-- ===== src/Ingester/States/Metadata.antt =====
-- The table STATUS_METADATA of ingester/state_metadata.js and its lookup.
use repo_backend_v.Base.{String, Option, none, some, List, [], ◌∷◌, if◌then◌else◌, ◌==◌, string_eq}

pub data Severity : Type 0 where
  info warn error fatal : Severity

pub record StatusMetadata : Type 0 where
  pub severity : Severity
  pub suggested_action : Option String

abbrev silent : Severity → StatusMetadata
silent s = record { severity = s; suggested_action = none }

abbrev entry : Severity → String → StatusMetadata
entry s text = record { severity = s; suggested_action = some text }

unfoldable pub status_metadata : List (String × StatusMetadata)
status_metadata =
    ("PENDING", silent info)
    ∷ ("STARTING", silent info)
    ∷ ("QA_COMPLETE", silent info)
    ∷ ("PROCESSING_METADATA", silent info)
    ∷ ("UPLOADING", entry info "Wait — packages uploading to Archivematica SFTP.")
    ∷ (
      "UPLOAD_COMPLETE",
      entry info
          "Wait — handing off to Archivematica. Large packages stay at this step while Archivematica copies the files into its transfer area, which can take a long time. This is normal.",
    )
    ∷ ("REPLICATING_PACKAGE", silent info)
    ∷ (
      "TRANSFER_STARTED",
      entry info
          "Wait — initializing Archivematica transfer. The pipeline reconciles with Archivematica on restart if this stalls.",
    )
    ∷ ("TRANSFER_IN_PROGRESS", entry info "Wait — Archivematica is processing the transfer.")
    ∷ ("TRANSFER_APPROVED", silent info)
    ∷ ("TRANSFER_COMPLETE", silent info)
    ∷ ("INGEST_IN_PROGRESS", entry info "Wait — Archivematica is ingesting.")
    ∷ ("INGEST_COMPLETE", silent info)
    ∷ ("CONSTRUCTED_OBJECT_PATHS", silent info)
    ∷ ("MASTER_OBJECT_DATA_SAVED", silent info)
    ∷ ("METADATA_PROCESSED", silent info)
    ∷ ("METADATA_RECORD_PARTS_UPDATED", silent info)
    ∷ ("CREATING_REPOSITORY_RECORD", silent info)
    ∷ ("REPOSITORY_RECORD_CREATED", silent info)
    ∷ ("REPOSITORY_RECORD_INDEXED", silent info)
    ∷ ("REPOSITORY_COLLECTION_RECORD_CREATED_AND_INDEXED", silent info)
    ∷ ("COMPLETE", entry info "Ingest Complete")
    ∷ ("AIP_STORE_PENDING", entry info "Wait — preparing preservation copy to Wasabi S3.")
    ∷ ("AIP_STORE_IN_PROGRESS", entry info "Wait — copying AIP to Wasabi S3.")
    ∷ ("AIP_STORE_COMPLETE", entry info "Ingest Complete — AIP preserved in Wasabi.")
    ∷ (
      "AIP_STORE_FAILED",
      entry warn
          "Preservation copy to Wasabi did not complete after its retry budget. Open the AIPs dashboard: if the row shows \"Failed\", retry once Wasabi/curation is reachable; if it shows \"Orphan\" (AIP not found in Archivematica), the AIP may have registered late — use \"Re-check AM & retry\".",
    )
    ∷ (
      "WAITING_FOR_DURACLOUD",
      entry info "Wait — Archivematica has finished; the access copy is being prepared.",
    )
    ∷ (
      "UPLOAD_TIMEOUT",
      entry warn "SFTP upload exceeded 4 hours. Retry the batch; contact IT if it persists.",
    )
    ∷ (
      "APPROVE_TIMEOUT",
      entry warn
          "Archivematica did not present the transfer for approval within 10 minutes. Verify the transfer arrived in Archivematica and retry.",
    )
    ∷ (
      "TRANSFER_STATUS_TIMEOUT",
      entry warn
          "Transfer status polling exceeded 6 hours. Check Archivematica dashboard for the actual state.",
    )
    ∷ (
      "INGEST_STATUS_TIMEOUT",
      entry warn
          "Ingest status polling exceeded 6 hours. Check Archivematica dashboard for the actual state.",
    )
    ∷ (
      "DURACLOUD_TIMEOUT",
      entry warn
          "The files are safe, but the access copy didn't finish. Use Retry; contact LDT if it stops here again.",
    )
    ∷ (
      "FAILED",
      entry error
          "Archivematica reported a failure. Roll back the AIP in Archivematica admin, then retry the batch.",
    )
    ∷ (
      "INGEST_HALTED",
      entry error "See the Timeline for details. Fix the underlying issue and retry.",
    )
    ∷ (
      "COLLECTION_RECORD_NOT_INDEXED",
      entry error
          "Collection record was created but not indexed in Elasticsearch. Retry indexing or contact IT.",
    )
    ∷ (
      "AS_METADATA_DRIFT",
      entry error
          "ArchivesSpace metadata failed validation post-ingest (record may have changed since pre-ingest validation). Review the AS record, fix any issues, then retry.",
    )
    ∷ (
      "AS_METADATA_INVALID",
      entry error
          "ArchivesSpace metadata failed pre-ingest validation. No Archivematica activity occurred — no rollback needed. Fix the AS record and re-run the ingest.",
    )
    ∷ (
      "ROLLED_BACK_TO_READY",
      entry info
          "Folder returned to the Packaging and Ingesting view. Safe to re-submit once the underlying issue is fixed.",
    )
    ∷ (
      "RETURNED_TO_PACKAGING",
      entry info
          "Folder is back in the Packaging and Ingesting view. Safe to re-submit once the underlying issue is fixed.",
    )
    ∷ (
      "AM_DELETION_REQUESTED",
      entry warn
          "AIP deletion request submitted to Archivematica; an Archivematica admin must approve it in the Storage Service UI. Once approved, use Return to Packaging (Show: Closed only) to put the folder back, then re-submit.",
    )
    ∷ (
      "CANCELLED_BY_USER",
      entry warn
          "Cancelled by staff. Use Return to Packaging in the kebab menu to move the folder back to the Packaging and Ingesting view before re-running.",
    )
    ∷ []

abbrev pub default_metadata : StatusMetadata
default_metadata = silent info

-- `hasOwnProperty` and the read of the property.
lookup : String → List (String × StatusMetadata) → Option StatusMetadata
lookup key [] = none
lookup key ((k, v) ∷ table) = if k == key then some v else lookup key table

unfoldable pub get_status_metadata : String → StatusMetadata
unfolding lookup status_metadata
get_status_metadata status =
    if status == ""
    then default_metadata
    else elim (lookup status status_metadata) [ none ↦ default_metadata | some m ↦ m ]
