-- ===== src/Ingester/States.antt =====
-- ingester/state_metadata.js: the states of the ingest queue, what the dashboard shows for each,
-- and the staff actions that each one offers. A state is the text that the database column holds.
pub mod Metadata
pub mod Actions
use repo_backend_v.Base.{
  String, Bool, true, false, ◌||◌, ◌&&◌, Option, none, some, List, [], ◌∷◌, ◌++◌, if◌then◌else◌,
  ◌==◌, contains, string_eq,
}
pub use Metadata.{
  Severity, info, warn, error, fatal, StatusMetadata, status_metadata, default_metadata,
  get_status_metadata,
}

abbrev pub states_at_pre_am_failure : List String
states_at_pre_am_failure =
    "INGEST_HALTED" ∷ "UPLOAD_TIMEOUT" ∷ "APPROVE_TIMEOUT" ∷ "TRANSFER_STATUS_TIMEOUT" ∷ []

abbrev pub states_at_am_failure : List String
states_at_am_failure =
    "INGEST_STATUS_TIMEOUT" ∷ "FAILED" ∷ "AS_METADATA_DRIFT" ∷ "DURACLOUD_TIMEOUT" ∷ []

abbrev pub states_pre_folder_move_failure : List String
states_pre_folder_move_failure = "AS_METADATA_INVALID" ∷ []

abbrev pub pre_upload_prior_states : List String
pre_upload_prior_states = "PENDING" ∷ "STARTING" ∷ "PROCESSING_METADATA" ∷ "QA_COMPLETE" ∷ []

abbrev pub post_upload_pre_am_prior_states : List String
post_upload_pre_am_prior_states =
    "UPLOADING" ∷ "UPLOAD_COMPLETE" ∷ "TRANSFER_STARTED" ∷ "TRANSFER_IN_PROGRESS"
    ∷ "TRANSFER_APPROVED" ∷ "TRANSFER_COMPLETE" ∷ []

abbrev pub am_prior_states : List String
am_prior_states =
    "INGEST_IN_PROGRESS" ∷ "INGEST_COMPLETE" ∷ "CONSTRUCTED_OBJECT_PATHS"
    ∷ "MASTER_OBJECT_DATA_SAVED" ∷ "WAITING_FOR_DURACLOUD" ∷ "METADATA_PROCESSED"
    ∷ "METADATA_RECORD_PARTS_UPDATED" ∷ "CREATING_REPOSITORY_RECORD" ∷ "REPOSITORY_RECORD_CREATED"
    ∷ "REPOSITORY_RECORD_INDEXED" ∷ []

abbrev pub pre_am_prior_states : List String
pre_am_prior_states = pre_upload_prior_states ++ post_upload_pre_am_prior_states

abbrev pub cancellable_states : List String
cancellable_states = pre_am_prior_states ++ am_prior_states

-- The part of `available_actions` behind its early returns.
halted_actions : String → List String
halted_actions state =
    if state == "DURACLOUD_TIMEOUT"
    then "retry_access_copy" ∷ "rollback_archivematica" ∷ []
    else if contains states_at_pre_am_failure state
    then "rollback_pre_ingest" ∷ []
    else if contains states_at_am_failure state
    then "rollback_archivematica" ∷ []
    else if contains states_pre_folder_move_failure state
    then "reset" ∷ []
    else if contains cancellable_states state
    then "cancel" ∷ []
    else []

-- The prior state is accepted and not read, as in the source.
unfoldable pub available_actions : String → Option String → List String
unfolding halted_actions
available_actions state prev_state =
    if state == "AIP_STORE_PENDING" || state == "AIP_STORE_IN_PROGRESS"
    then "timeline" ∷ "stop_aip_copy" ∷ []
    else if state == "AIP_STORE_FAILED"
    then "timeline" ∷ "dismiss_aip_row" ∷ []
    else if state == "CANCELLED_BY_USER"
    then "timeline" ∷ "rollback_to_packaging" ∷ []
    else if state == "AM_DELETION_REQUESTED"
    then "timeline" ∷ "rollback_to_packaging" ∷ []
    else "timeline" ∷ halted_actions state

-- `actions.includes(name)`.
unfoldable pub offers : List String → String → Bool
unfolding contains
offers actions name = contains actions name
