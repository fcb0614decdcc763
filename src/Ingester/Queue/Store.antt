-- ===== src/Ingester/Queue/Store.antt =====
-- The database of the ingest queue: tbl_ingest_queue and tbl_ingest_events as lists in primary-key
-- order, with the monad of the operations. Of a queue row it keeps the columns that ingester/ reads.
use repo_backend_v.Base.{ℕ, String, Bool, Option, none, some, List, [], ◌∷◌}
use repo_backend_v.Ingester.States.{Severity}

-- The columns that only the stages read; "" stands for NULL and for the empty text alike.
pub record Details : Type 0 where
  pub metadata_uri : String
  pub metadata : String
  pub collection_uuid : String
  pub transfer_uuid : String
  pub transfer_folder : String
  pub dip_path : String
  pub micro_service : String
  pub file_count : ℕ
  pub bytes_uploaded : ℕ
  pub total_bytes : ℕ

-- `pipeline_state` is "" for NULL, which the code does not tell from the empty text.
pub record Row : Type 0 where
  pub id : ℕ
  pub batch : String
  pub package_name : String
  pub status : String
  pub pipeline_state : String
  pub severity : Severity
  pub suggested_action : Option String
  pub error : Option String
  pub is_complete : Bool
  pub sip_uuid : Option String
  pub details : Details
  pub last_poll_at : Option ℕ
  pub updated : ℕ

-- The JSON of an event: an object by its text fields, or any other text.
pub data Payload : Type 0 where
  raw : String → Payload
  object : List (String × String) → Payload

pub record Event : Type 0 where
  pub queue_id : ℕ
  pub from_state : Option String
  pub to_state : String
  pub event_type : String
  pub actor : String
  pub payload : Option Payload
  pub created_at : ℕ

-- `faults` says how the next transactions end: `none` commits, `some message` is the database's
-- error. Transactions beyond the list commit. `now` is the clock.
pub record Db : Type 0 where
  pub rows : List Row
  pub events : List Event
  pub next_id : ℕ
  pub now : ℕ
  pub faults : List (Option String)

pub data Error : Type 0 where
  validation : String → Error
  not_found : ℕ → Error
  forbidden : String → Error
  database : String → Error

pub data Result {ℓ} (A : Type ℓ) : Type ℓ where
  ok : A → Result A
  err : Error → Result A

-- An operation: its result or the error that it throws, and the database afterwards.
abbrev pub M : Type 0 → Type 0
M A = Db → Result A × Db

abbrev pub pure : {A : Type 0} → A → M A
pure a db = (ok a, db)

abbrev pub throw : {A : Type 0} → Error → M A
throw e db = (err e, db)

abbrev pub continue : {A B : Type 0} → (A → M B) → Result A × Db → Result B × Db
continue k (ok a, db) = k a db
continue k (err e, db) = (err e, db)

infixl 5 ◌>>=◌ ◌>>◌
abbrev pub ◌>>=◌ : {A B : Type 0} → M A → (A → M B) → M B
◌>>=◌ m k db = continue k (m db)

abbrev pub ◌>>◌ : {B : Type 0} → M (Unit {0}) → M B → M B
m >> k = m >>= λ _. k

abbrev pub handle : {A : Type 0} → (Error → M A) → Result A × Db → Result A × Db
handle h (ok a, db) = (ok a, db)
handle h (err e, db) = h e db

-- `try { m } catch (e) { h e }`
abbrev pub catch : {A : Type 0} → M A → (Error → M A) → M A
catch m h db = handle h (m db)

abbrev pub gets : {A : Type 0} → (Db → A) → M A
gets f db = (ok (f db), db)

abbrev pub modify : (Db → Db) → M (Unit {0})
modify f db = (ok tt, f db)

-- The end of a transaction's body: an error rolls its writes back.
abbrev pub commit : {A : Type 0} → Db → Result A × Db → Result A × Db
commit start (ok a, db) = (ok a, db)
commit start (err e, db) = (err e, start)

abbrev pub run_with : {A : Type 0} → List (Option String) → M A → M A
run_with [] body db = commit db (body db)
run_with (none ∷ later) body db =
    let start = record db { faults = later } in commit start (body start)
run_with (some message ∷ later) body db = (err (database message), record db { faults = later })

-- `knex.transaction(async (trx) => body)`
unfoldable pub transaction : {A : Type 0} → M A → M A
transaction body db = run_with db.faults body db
==*==
EXERCISE: In the entries above, find the line holding "abbrev pub throw" and the line holding "infixl 5 ◌>>=◌ ◌>>◌", then retype exactly those two lines and every line between them, and nothing else.

THE COMPLETED TASK:
abbrev pub throw : {A : Type 0} → Error → M A
throw e db = (err e, db)

abbrev pub continue : {A B : Type 0} → (A → M B) → Result A × Db → Result B × Db
continue k (ok a, db) = k a db
continue k (err e, db) = (err e, db)

infixl 5 ◌>>=◌ ◌>>◌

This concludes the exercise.